PREVIEW: Crow Carriage Sonnets by Kristin Garth
Take a peek into sonnets from the upcoming new Crow Carriage series by Kristin Garth. They tell dark tales of fearsome experiments in Victorian England. Witness, if you will, a murder of crows…
Crow Carriage
Once upon wet cobblestone, exploded
oak and child alone, luminosity
of lightning storm, surround a carriage, crow
plumes, cuneiform of confectionery
across its dripping door. Behind, you see,
between top hat, cravat, blush warm cheek
while you will shiver, in the street; you seek
regal beak to touch, sculpture, decomposed
avian. Driver beckons not within
but towards some debris of broken tree
that block their passage. You and he labor then
they drive away. Steal one feather for the
pence unpaid. Passenger turns, stares you down.
All fear Crow Carriage once your corpse is found.
You Belong to a Murder Long Ago
He lives in a locket mother keeps closed
against a similar organ beneath
opera clothes. A brother decomposed
decade ago in gold leaf laurel wreath,
her favorite you know. Her fingers caress
his memory there, in furrow of tit
no longer shared. If the best convalesce
eventually die, the rest, counterfeit,
look towards sky for love even feathered,
feral to feed, a flock on a playground
who recognize need.

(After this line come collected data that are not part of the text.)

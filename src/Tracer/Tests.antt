-- ===== src/Tracer/Tests.antt =====
-- A ring of four slots with one span in it: registration, a refused span, a drain, a few steps.
pub mod Packing
use oteltracing_c.Base.{
  ◌*◌, ◌+◌, ◌^◌, ◌&&◌, ℕ, ◌≡◌, List, [], ◌∷◌, refl, true, false, none, some, arith, ◌++◌, ◌≤◌,
}
use oteltracing_c.Base.Tests.{leb, if◌then◌else◌, ltb}
use oteltracing_c.Base.Int.{pos}
use oteltracing_c.Span.Start.{span_start}
use oteltracing_c.Random.{RandomState, random_next}
use oteltracing_c.Base.Double.{decode, number}
use oteltracing_c.Tracer.Sampler.{set_sampler, set_sampler-recording}
use oteltracing_c.Tracer.Ring.Steps.{Steps-in_order}
use oteltracing_c.Base.Lists.{length}
use oteltracing_c.Otlp.Batch.{no_pools}
use oteltracing_c.Tracer.Ring.Register.{new_ring-Holds, new_ring-IsRing}
use oteltracing_c.Otlp.{Rings}
use oteltracing_c.Otlp.Spans.{IsBatch}
use oteltracing_c.Span.{Span, recording}
use oteltracing_c.Tracer.{
  IsLive, Switches, sink, calls, transport, shut_down, start_up, calls-IsLive,
}
use oteltracing_c.Tracer.Capacity.{
  IsCapacity, set_ring_capacity, set_ring_capacity-diverges, set_ring_capacity-IsCapacity,
}
use oteltracing_c.Tracer.Drain.{Out, drain}
use oteltracing_c.Tracer.Drain.Deliver.{Finished, Drained, AllEmpty, drain-Drained}
use oteltracing_c.Tracer.Ring.{Home, Ring, enqueue, used, new_ring, publish, set_slot}
use oteltracing_c.Tracer.Ring.Queue.{Holds, enqueue-Holds}
use oteltracing_c.Tracer.Ring.Threads.{
  Shared, start, Steps, ready, then_step, stop, check, looping, written, copy, store_head, load,
  emit,
}
use oteltracing_c.Span.Tests.{event_span, one_event, event_span-IsSpan, own, fresh}

abbrev idle : Switches
idle = record {
  initialized = true;
  transport_present = false;
  sink_present = true;
  runtime_on = true;
  enabled = true;
}

calls-IsLive_example : IsLive (calls idle (sink false ∷ transport true ∷ shut_down ∷ start_up ∷ []))
calls-IsLive_example =
    calls-IsLive idle (sink false ∷ transport true ∷ shut_down ∷ start_up ∷ [])
      (record { live = refl })

abbrev generator : RandomState
generator = record { lo = 5; hi = 3 }

-- The ratio 0.5.
half : decode 0x3fe0000000000000 ≡ number false (2 ^ 1073)
unfolding decode
half = refl

set_sampler-recording_example :
    let c =
      set_sampler 0 0x3fe0000000000000
        (record { enabled = true; sample_always = true; sample_threshold = 0 }) in
    recording (span_start c (some generator) fresh none 1 50).0
    ≡ (true && (true && leb (((random_next generator).1 + 1) * 2 ^ 1074) (2 ^ 1073 * 2 ^ 64)))
set_sampler-recording_example =
    set_sampler-recording 0 0x3fe0000000000000 false (2 ^ 1073) half
      (record { enabled = true; sample_always = true; sample_threshold = 0 }) generator fresh none 1
      50

set_ring_capacity-IsCapacity_example :
    (cap : ℕ) × (set_ring_capacity 40 1000 ≡ some cap) × IsCapacity 1000 cap
set_ring_capacity-IsCapacity_example =
    set_ring_capacity-IsCapacity 40 1000 (omega arith) (omega arith)

set_ring_capacity-diverges_example : set_ring_capacity 100 3000000000 ≡ none
set_ring_capacity-diverges_example = set_ring_capacity-diverges 100 3000000000 (omega arith)

abbrev outsider : Home
outsider = record { ctx = none; dropped_spans = 0 }

pub four-IsCapacity : IsCapacity 3 4
four-IsCapacity = record {
  exponent = 2;
  power = refl;
  bounds = (omega arith, omega arith);
  enough = omega arith;
  least = (omega arith, omega arith);
}

abbrev no_span : Ring
no_span = new_ring 4

no_span-Holds : Holds no_span []
no_span-Holds = new_ring-Holds 3 4 four-IsCapacity

-- the ring with the span in its first slot
abbrev pub one_span : Ring
one_span = publish (set_slot no_span event_span)

pub one_span-Holds : Holds one_span (event_span ∷ [])
one_span-Holds = record {
  from = 0;
  count = 1;
  ring = record {
    tail = refl;
    head = refl;
    fits = omega arith;
    some_slot = (omega arith, omega arith);
    power = no_span-Holds.ring.power;
  };
  content = refl;
}

abbrev pub finished : Finished
finished = record { s = event_span; m = one_event; own = own; holds = event_span-IsSpan }

abbrev pub rings : Rings
rings slot = one_span.slots slot.1

abbrev pub out : Out
out = record {
  otlp = record { spans = []; pools = no_pools; transport = true; sent = [] };
  sink = some (record { has_begin = true; has_span = true; has_end = true; calls = [] });
}

pub out-IsBatch : IsBatch out.otlp
out-IsBatch = record {
  spans_fit = omega arith;
  attrs_fit = omega arith;
  events_fit = omega arith;
  spans_in = tt;
  events_in = tt;
  idle = λ e. (refl, refl);
}

drain-Drained_example :
    let (out', threads', n) = drain true rings out (one_span ∷ []) in
    Drained rings out out' (finished ∷ []) × AllEmpty threads' × (n ≡ pos 1)
drain-Drained_example =
    drain-Drained rings out (one_span ∷ []) ((finished ∷ []) ∷ []) (one_span-Holds, λ i. refl, tt)
      out-IsBatch refl (omega arith)

-- A span is checked, copied and published, then loaded, emitted and its slot given back.
abbrev after_copy : Shared
after_copy = record (start no_span) { ring = set_slot no_span fresh; producer = written fresh }

abbrev after_store : Shared
after_store = record (start (publish (set_slot no_span fresh))) { accepted = fresh ∷ [] }

abbrev after_emit : Shared
after_emit = record after_store { consumer = looping 1 1; emitted = fresh ∷ [] }

first_run : Steps (start no_span) after_store
unfolding used
first_run =
    then_step
      (then_step
        (then_step {u = start no_span} {v = record (start no_span) { producer = ready fresh }} stop
          (check fresh refl refl))
        (copy fresh refl))
      (store_head fresh refl)

full_run : Steps (start no_span) after_emit
full_run =
    then_step {u = record after_store { consumer = looping 0 1 }} (then_step first_run (load refl))
      (emit 0 1 refl refl)

Steps-in_order_example :
    (waiting : List Span) × (after_emit.accepted ≡ after_emit.emitted ++ waiting)
    × (length waiting ≤ after_emit.ring.capacity)
Steps-in_order_example = Steps-in_order 0 (new_ring-IsRing 3 4 four-IsCapacity) full_run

Wings like the weather
and wet oscillating soul they surround.
In childhood, you chose communion with crows.
You belong to a murder long ago.
Crow Carriage – author notes
Crow Carriage is a dark poetic tale of a terrible nobleman conducting a dark experiment in a village in Victorian England. His character is called The Doctor. This title poem introduces him and his Crow Carriage, an eerie carriage ornamented with a skeletal bird and covered in crow plumage. No one in town approaches the carriage after one child plucks a feather from it in a lightning storm and is found deceased shortly thereafter. This sonnet Crow Carriage is his story. The second sonnet explains how this character came to belong to a flock of crows, or – apt, in his case – a murder.